Village Life in Kashmir, c. 1760. By Mughal painter Mir Kalan Khan. A painting imitating European style, explaining why Kashmiri village here looks more like an alpine village.

Via: British Library:

“Gouache painting with gold of village life in Kashmir, by Mir Kalan Khan, working in the Lucknow/Faizabad style, c.1760. Inscribed on the border in Persian: ‘majlis-i kashmir, ‘amal-i mir kalan’ (A Kashmiri assembly, the work of Mir Kalan).

This painting depicts scenes of village life and in the centre a group of people are shown gathering grapes and wood while also cooking. On either side are several multi-storied buildings, and numerous waterways can be seen in the distance with buildings on the land in between.

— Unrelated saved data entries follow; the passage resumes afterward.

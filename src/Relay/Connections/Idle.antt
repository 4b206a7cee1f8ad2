-- ===== src/Relay/Connections/Idle.antt =====
-- The connections of a manager of relay/src/connection.rs.
use real_layer.Base.{
  ℕ, ◌+◌, ◌≤◌, ◌≡◌, List, [], ◌∷◌, String, ok, true, arith, Eq, Bool-cases, Option-cases, inl, inr,
  leb, length,
}
use real_layer.Base.Map.{
  IsUnique, get, insert, contains_key, get-retain, get-insert_same, insert-IsUnique,
  remove-IsUnique, retain-IsUnique, length-insert-le, length-insert-known, length-remove-le,
  length-retain-le,
}
use real_layer.Relay.Connections.{
  ConnectionManager, new_connections, establish, touch, close_connection, is_busy, new_record,
  cleanup_idle,
}

data Call (P : Type 0) : Type 0 where
  establishes : (now : ℕ) → P → String → Call P
  touches : (now : ℕ) → P → Call P
  closes : P → Call P
  cleans : (idle_for now : ℕ) → Call P

module _ {P : Type 0} ⦃e : Eq P⦄ where
  -- Every peer has one connection, and there are no more than allowed.
  record IsLimited (maximum : ℕ) (m : ConnectionManager P) : Type 0 where
    pub unique : IsUnique m.records
    pub bounded : length m.records ≤ m.maximum_connections
    pub same : m.maximum_connections ≡ maximum

  unfoldable apply : Call P → ConnectionManager P → ConnectionManager P
  apply (establishes now peer_id version) m = (establish now peer_id version m).0
  apply (touches now peer_id) m = (touch now peer_id m).0
  apply (closes peer_id) m = (close_connection peer_id m).0
  apply (cleans idle_for now) m = (cleanup_idle idle_for now m).0

  unfoldable run : List (Call P) → ConnectionManager P → ConnectionManager P
  run [] m = m
  run (call ∷ calls) m = run calls (apply call m)

  establish-IsLimited :
      (maximum now : ℕ) (p : P) (version : String) (m : ConnectionManager P)
      → IsLimited maximum m
      → IsLimited maximum (establish now p version m).0
  unfolding establish
  establish-IsLimited maximum now p version m k = elim (Bool-cases (contains_key p m.records)) [
    | inl known ↦ rw known k
    | inr new ↦ elim (Bool-cases (leb m.maximum_connections (length m.records))) [
      | inl full ↦ rw (new, full) k
      | inr room ↦
          rw (new, room)
            (record {
              unique = insert-IsUnique p _ m.records k.unique;
              bounded = ground (arith, length-insert-le p (new_record now p version) m.records);
              same = k.same;
            })
    ]
  ]

  touch-IsLimited :
      (maximum now : ℕ) (p : P) (m : ConnectionManager P)
      → IsLimited maximum m
      → IsLimited maximum (touch now p m).0
  unfolding touch
  touch-IsLimited maximum now p m k = elim (Option-cases (get p m.records)) [
    | inl missing ↦ rw (touch, missing) k
    | inr (r, there) ↦
        rw (touch, there)
          (record {
            unique = insert-IsUnique p _ m.records k.unique;
            bounded = rw (length-insert-known p r _ m.records k.unique there) k.bounded;
            same = k.same;
          })
  ]

  apply-IsLimited :
      (maximum : ℕ) (call : Call P) (m : ConnectionManager P)
      → IsLimited maximum m
      → IsLimited maximum (apply call m)
  unfolding apply close_connection cleanup_idle
  apply-IsLimited maximum (establishes now p version) m k =
      establish-IsLimited maximum now p version m k
  apply-IsLimited maximum (touches now p) m k = touch-IsLimited maximum now p m k
  apply-IsLimited maximum (closes p) m k = record {
    unique = remove-IsUnique p m.records k.unique;
    bounded = omega (arith, k.bounded, length-remove-le p m.records);
    same = k.same;
  }
  apply-IsLimited maximum (cleans idle_for now) m k = record {
    unique = retain-IsUnique (is_busy idle_for now) m.records k.unique;
    bounded = omega (arith, k.bounded, length-retain-le (is_busy idle_for now) m.records);
    same = k.same;
  }

  runs-IsLimited :
      (maximum : ℕ) (calls : List (Call P)) (m : ConnectionManager P)
      → IsLimited maximum m
      → IsLimited maximum (run calls m)
  unfolding run
  runs-IsLimited maximum [] m k = k
  runs-IsLimited maximum (call ∷ calls) m k =
      runs-IsLimited maximum calls (apply call m) (apply-IsLimited maximum call m k)

  -- Whatever is called on a new manager, every peer has one connection, and there are no more than
  -- the maximum that it was made with.
  run-IsLimited :
      (maximum : ℕ) (m : ConnectionManager P) (calls : List (Call P))
      → new_connections maximum ≡ ok m
      → IsLimited maximum (run calls m)
  unfolding new_connections
  run-IsLimited maximum m calls h =
      let empty : m.records ≡ [] = ground arith in
      runs-IsLimited maximum calls m
        (record { unique = rw empty tt; bounded = rw empty (omega arith); same = ground arith })

  -- A connection that is touched is still there after a cleanup at a later time, if no more than the
  -- allowed idle time has passed since.
  cleanup_idle-touch :
      (maximum now later idle_for : ℕ) (p : P) (m : ConnectionManager P)
      → IsLimited maximum m
      → (touch now p m).1 ≡ true
      → later ≤ now + idle_for
      → contains_key p (cleanup_idle idle_for later (touch now p m).0).0.records ≡ true
  unfolding touch cleanup_idle contains_key is_busy
  cleanup_idle-touch maximum now later idle_for p m k h soon =
      elim (Option-cases (get p m.records)) [
        | inl missing ↦ absurd (ground arith)
        | inr (r, there) ↦
            let r' = record r { last_activity = now } in
            let inserted = insert p r' m.records in
            rw (touch, there)
              (ground (
                arith,
                get-retain (is_busy idle_for later) p inserted
                    (insert-IsUnique p r' m.records k.unique),
                get-insert_same p r' m.records,
              ))
      ]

Mir Kalan Khan’s distinctive Europeanised style was adopted by other Lucknow artists, yet this kind of scene and subject matter remained unique to Khan. The source of his European influence is uncertain, but his extensive scenes often relate to Dutch and Flemish paintings. The facial type is distinctive, with frequent use of three-quarter face instead of profile. The artists place of origin is uncertain, but he may have been trained at the Delhi court, indicating that he came to Faizabad or Lucknow later in his life.”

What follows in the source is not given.